# Which Type Do You Think is Most Prone to Depression?



## thecatlady (Mar 2, 2016)

I'm an INFP (technically test equally ISFP, ISFJ, INFP, & INFJ - I do identify very strongly with all of these, but the most with INFP) and I have fairly severe depression and was wondering if there's any MBTI type that is the most prone to it. Thoughts?


----------



## Syvelocin (Apr 4, 2014)

I mean, off the bat the NFPs totally. My sister appears ISFP and she's got the same issues as my mom and I have, so I'm thinking an Fi connection. But when I was symptomatic, I was extremely introverted and once I started getting better, the difference was night and day. 

Two of my friends have issues, the INTJ is doing really well now actually and he's still pretty INTJ. He met a girl, heh, so things are going better because of her. My best friend is an ISFJ and she still struggles a lot with her depression and self-image.


----------



## thecatlady (Mar 2, 2016)

@Syvelocin I was thinking NFs, too. Mostly because of the idealism and that never being realised because nothing can be as perfect as you build it up in your head, which leads to a lot of disappointment. I've heard that INFP's tend to be pretty 'go with the flow', but I am definitely not, so that doesn't help either. I am so sorry for you and your family and your friends. I definitely have first hand experience on how hard depression and self image issuses are. It seems like (from what you said) you're doing better now and I'm glad about that


----------



## bremen (Apr 25, 2016)

Infps, usually the consensus among the community.


----------



## Eset (Jun 7, 2016)

> Which Type Do You Think is Most Prone to Depression?

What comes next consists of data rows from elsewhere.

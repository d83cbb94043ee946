-- ===== src/Windows/Requests.antt =====
-- The calls that lfdk/lfdk.c offers to the modules: registration and the requests, which put a
-- message in the box for later.
pub mod Keeps
pub mod Register
pub mod Sound
pub mod Unknown
use Prim.Native.String.{String}
use text.Mathlib.Text.{◌==◌ as str_eq}
use lfdk.Common.{
  ℕ, Bool, ◌+◌, Option, none, some, List, [], ◌∷◌, ◌++◌, ℤ, pos, negsuc, ltb, leb, length,
  get_elem?, if◌then◌else◌, is_none,
}
use lfdk.Windows.State.{
  WinState, not_start, Message, need_focus, release_focus, xfer_control, destroy_window, Window,
  WinInfo, Manager, windows_pool_size, msg_size, err_buf_overflow, err_invalid_param,
}

-- What a call returns. `request_xfer_control` and `request_destroy_windows` end without a `return`
-- where they succeed.
pub data Ret : Type 0 where
  code : ℤ → Ret
  unspecified : Ret

pub register_windows : Window → Manager → Manager × ℤ
register_windows w wm =
    if ltb windows_pool_size (length wm.windows_pool + 1) then (wm, err_buf_overflow) else (
      record wm {
        windows_pool = wm.windows_pool ++ (record { p_win = w; win_state = not_start } ∷ []);
      },
      pos (length wm.windows_pool),
    )

-- The checks that each request begins with: a window (no null pointer), a handle in use, and the
-- same name behind it.
pub if_named : Window → Option WinInfo → Option WinInfo
if_named w none = none
if_named w (some info) = if str_eq info.p_win.name w.name then some info else none

unfoldable pub valid_sender : Option Window → ℤ → Manager → Option WinInfo
unfolding if_named
valid_sender none h wm = none
valid_sender (some w) (negsuc n) wm = none
valid_sender (some w) (pos i) wm = if_named w (get_elem? wm.windows_pool i)

abbrev pub handle_index : ℤ → ℕ
handle_index (pos i) = i
handle_index (negsuc n) = 0

-- The end of each request: the message goes on top of the box.
pub post : Message → ℕ → ℤ → Manager → Manager
post msg sender target wm = record wm {
  msg_box = record { msg = msg; sender_handle = sender; target_handle = target } ∷ wm.msg_box;
}

pub box_is_full : Manager → Bool
box_is_full wm = leb msg_size (length wm.msg_box)

-- A request with the message `msg` and without a target.
pub request : Message → Ret → Option Window → ℤ → Manager → Manager × Ret
request msg done w h wm =
    if is_none (valid_sender w h wm)
    then (wm, code err_invalid_param)
    else if box_is_full wm
    then (wm, code err_buf_overflow)
    else (post msg (handle_index h) (pos 0) wm, done)

unfoldable pub request_windows_focus : Option Window → ℤ → Manager → Manager × Ret
request_windows_focus = request need_focus (code (pos 0))

unfoldable pub release_windows_focus : Option Window → ℤ → Manager → Manager × Ret
release_windows_focus = request release_focus (code (pos 0))

unfoldable pub request_destroy_windows : Option Window → ℤ → Manager → Manager × Ret
request_destroy_windows = request destroy_window unspecified

-- The search loop of `request_xfer_control` from the index `i`: the first window of that name.
unfoldable pub find_name : String → List WinInfo → ℕ → ℤ
find_name func_name [] i = negsuc 0
find_name func_name (w ∷ ws) i =
    let rest = find_name func_name ws (i + 1) in
    if str_eq w.p_win.name func_name then pos i else rest

pub target_of : Option String → List WinInfo → ℤ
target_of none ws = negsuc 0
target_of (some func_name) ws = find_name func_name ws 0

pub request_xfer_control : Option Window → ℤ → Option String → Manager → Manager × Ret
request_xfer_control w h func_name wm =
    if is_none (valid_sender w h wm)
    then (wm, code err_invalid_param)
    else if box_is_full wm
    then (wm, code err_buf_overflow)
    else if is_none func_name
    then (wm, code err_invalid_param)
    else (post xfer_control (handle_index h) (target_of func_name wm.windows_pool) wm, unspecified)

-- `request_window_state`: the state, or the error code.
pub request_window_state : Option Window → ℤ → Manager → Option WinState
request_window_state w h wm = elim (valid_sender w h wm) [
  | none ↦ none
  | some info ↦ some info.win_state
]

Only those with depression; remember that correlation doesn't imply causation.


----------



## jaderose23 (Feb 11, 2017)

thecatlady said:


> I'm an INFP (technically test equally ISFP, ISFJ, INFP, & INFJ - I do identify very strongly with all of these, but the most with INFP) and I have fairly severe depression and was wondering if there's any MBTI type that is the most prone to it. Thoughts?



I've been pretty down. For almost a year on my lifestyle. I think that's why I did the test and got more of istp when a few years back I was equally estp and istp 50/50 I am more introverted when I'm depressed I guess. I was 80/20 istp/estp respectively.


----------



## Falling Foxes (Oct 19, 2016)

Or is the question what type do depressed people more identify? I thought I was an INFP in my deepest of depression. My dad's depressed, I typed him as an INFP until I realised he's an INTP. I know these are poor examples... just one letter difference but still...


----------



## AW10 (Apr 9, 2012)

I think that "being prone to depression" is reverse proportional to "social defaultness of the type". In other words, more unaligned some type is to what is socially default, more prone that type is to depression.

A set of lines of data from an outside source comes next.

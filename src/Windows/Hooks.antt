-- ===== src/Windows/Hooks.antt =====
-- The calls of the modules' functions in lfdk/lfdk.c. A module is code behind function pointers, so
-- what a function does is a parameter: it sees the manager (`request_window_state`) and the module's
-- own state, and it gives the module's state afterwards, the requests that it makes of the manager,
-- in order, and whether the macro `LFDD_IOCTL` ended the program by `exit( 1 )` in it.
pub mod Keeps
pub mod Known
pub mod Quiet
use Prim.Native.String.{String}
use lfdk.Common.{ℕ, ◌+◌, Option, none, some, List, [], ◌∷◌, ℤ, Bool, if◌then◌else◌}
use lfdk.Windows.State.{Window, Manager, window_at}
use lfdk.Windows.Requests.{
  request_windows_focus, release_windows_focus, request_destroy_windows, request_xfer_control,
}

pub data Hook : Type 0 where
  init start_win post_start_win lost_focus get_focus paint destroy_win module_exit : Hook
  key_press : ℕ → Hook

-- A request as a module's function makes it: the window and the handle that it passes.
pub data Request : Type 0 where
  ask_focus release destroy : Option Window → ℤ → Request
  transfer : Option Window → ℤ → Option String → Request

-- What a function answers: the module's state, the requests made, the value returned, and whether
-- it ended the program.
pub record Answer (S : Type 0) : Type 0 where
  pub state : S
  pub requests : List Request
  pub ret : ℤ
  pub exits : Bool

-- The function of a window for a hook, `none` for a null pointer.
pub record Modules (S : Type 0) : Type 0 where
  pub function : Window → Hook → Option (Manager → S → Answer S)

-- `exited` once a function has ended the program: nothing is called any more, and what the loops
-- around the call still do to the manager has no meaning.
pub record World (S : Type 0) : Type 0 where
  pub wm : Manager
  pub state : S
  pub exited : Bool

pub perform : Request → Manager → Manager
perform (ask_focus w h) wm = (request_windows_focus w h wm).0
perform (release w h) wm = (release_windows_focus w h wm).0
perform (destroy w h) wm = (request_destroy_windows w h wm).0
perform (transfer w h name) wm = (request_xfer_control w h name wm).0

pub perform_all : List Request → Manager → Manager
perform_all [] wm = wm
perform_all (r ∷ rs) wm = perform_all rs (perform r wm)

-- `if( p_win->hook ) p_win->hook( ... )`, with the value returned, if any.
pub call_function : {S : Type 0} → Option (Manager → S → Answer S) → World S → Option ℤ × World S
call_function none x = (none, x)
call_function (some f) x =
    let answer = f x.wm x.state in
    if x.exited then (none, x) else (
      some answer.ret,
      record { wm = perform_all answer.requests x.wm; state = answer.state; exited = answer.exits },
    )

abbrev pub call_hook : {S : Type 0} → Modules S → Hook → Window → World S → Option ℤ × World S
call_hook mods hook w x = call_function (mods.function w hook) x

-- The same for the window at an index of the pool, where there is one.
pub call_at : {S : Type 0} → Modules S → Hook → Option Window → World S → World S
call_at mods hook none x = x
call_at mods hook (some w) x = (call_hook mods hook w x).1

pub run_hook : {S : Type 0} → Modules S → Hook → ℕ → World S → World S
run_hook mods hook i x = call_at mods hook (window_at x.wm i) x

-- A change of the manager alone.
abbrev pub change : {S : Type 0} → (Manager → Manager) → World S → World S
change f x = record x { wm = f x.wm }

When you add inner factor into the above equation, you will get that even if you are totally unaligned with what is socially default, how you handle it tells whether or not "you as your type" is prone to depression.

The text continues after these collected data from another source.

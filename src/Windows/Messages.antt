-- ===== src/Windows/Messages.antt =====
-- `handle_message_event` of lfdk/lfdk.c. A message is handled in the order of the source: the old
-- window loses the focus before the handle changes, and the new window gets it afterwards.
pub mod Focus
pub mod Loop
pub mod Unknown
use lfdk.Common.{
  ℕ, zero, suc, Bool, true, false, Option, none, some, List, [], ◌∷◌, ℤ, pos, negsuc, ◌==◌, ltb,
  leb, length, if◌then◌else◌, not, ◌&&◌,
}
use lfdk.Windows.State.{
  WinState, background, foreground, destroyed, Message, no_used, need_focus, release_focus,
  xfer_control, destroy_window, MsgInfo, Manager, state_at, set_state, set_foreground,
}
use lfdk.Windows.Hooks.{lost_focus, get_focus, destroy_win, Modules, World, run_hook, change}

-- The outcome of a message: the next state, with `p_cur_wnd` as an index, or an access outside
-- the windows in use.
pub data Outcome (S : Type 0) : Type 0 where
  next : World S → Option ℕ → Outcome S
  fault : Outcome S

pub is_foreground : Option WinState → Bool
is_foreground (some foreground) = true
is_foreground _ = false

pub is_handle : ℤ → ℕ → Bool
is_handle (pos k) i = k == i
is_handle (negsuc n) i = false

-- `p_cur_wnd` after `if( cur_fore_window_handle >= 0 ) p_cur_wnd = ...`: it keeps its value
-- otherwise, which an earlier message may have set.
pub current : ℤ → Option ℕ → Option ℕ
current (pos k) cur = some k
current (negsuc n) cur = cur

pub is_some : Option ℕ → Bool
is_some none = false
is_some (some i) = true

module _ {S : Type 0} (mods : Modules S) where
  -- The old window, if any, loses the focus.
  pub lose_focus : Option ℕ → World S → World S
  lose_focus none x = x
  lose_focus (some i) x = change (set_state i background) (run_hook mods lost_focus i x)

  -- The window at the index becomes the foreground window, then its function is called.
  pub gain_focus : ℕ → World S → World S
  gain_focus i x =
      run_hook mods get_focus i
        (change (set_state i foreground) (change (set_foreground (pos i)) x))

  pub switch_focus : Option ℕ → ℕ → World S → World S
  switch_focus cur i x = gain_focus i (lose_focus cur x)

  pub handle_need_focus : ℕ → Option ℕ → World S → Outcome S
  handle_need_focus sender cur x =
      let cur' = current x.wm.cur_fore_window_handle cur in
      if is_handle x.wm.cur_fore_window_handle sender
      then next x cur
      else next (switch_focus cur' sender x) cur'

  pub handle_release_focus : ℕ → Option ℕ → World S → Outcome S
  handle_release_focus sender cur x =
      if is_foreground (state_at x.wm sender)
      then next
          (change (set_foreground (negsuc 0))
            (change (set_state sender background) (run_hook mods lost_focus sender x)))
          cur
      else next x cur

  -- A target of -1 stands for no window: the code reads `windows_pool[ -1 ]`.
  pub xfer_to : ℤ → Option ℕ → World S → Outcome S
  xfer_to (negsuc n) cur x = fault
  xfer_to (pos i) cur x = next (switch_focus cur i x) cur

  pub handle_xfer_control : ℕ → ℤ → Option ℕ → World S → Outcome S
  handle_xfer_control sender target cur x =
      let cur' = current x.wm.cur_fore_window_handle cur in
      if is_handle target sender
      then next x cur
      else if is_some cur' && not (is_handle x.wm.cur_fore_window_handle sender)
      then next x cur'
      else xfer_to target cur' x

  pub handle_destroy_window : ℕ → Option ℕ → World S → Outcome S
  handle_destroy_window sender cur x =
      let y =
        if is_handle x.wm.cur_fore_window_handle sender
        then change (set_foreground (negsuc 0)) x
        else x in
      next (change (set_state sender destroyed) (run_hook mods destroy_win sender y)) cur

  -- The `switch` on the message.
  pub handle_message : Message → ℕ → ℤ → Option ℕ → World S → Outcome S
  handle_message no_used sender target cur x = next x cur
  handle_message need_focus sender target cur x = handle_need_focus sender cur x
  handle_message release_focus sender target cur x = handle_release_focus sender cur x
  handle_message xfer_control sender target cur x = handle_xfer_control sender target cur x
  handle_message destroy_window sender target cur x = handle_destroy_window sender cur x

  -- What follows a message in the loop.
  pub resume : (World S → Option ℕ → Option (Outcome S)) → Outcome S → Option (Outcome S)
  resume rest fault = some fault
  resume rest (next y cur) = rest y cur

  -- The loop: the message on top leaves the box and is handled. The loop ends with the box empty;
  -- the functions called may fill it again, so it runs on fuel, and `none` is fuel spent.
  pub loop_on : ℕ → List MsgInfo → Option ℕ → World S → Option (Outcome S)
  loop_on fuel [] cur x = some (next x cur)
  loop_on zero (msg ∷ rest) cur x = none
  loop_on (suc fuel) (msg ∷ rest) cur x =
      resume (λ y cur'. loop_on fuel y.wm.msg_box cur' y)
        (handle_message msg.msg msg.sender_handle msg.target_handle cur
          (change (λ wm. record wm { msg_box = rest }) x))

  -- `p_cur_wnd` begins as a null pointer.
  pub handle_message_event : ℕ → World S → Option (Outcome S)
  handle_message_event fuel x = loop_on fuel x.wm.msg_box none x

That does not mean that all introverts should be prone to depression since extroversion is more socially default; it is impossible to know "most prone to depression" based on "type viewed outside of the context".


----------



## heymoon (Nov 26, 2016)

I think any type can be prone to depression, really, mental illness doesn't just pick a type. But I think Fi-users might be more prone overall...


----------



## Witch of Oreo (Jun 23, 2014)

Of course it has to INFP. Always the whiny weak useless INFP.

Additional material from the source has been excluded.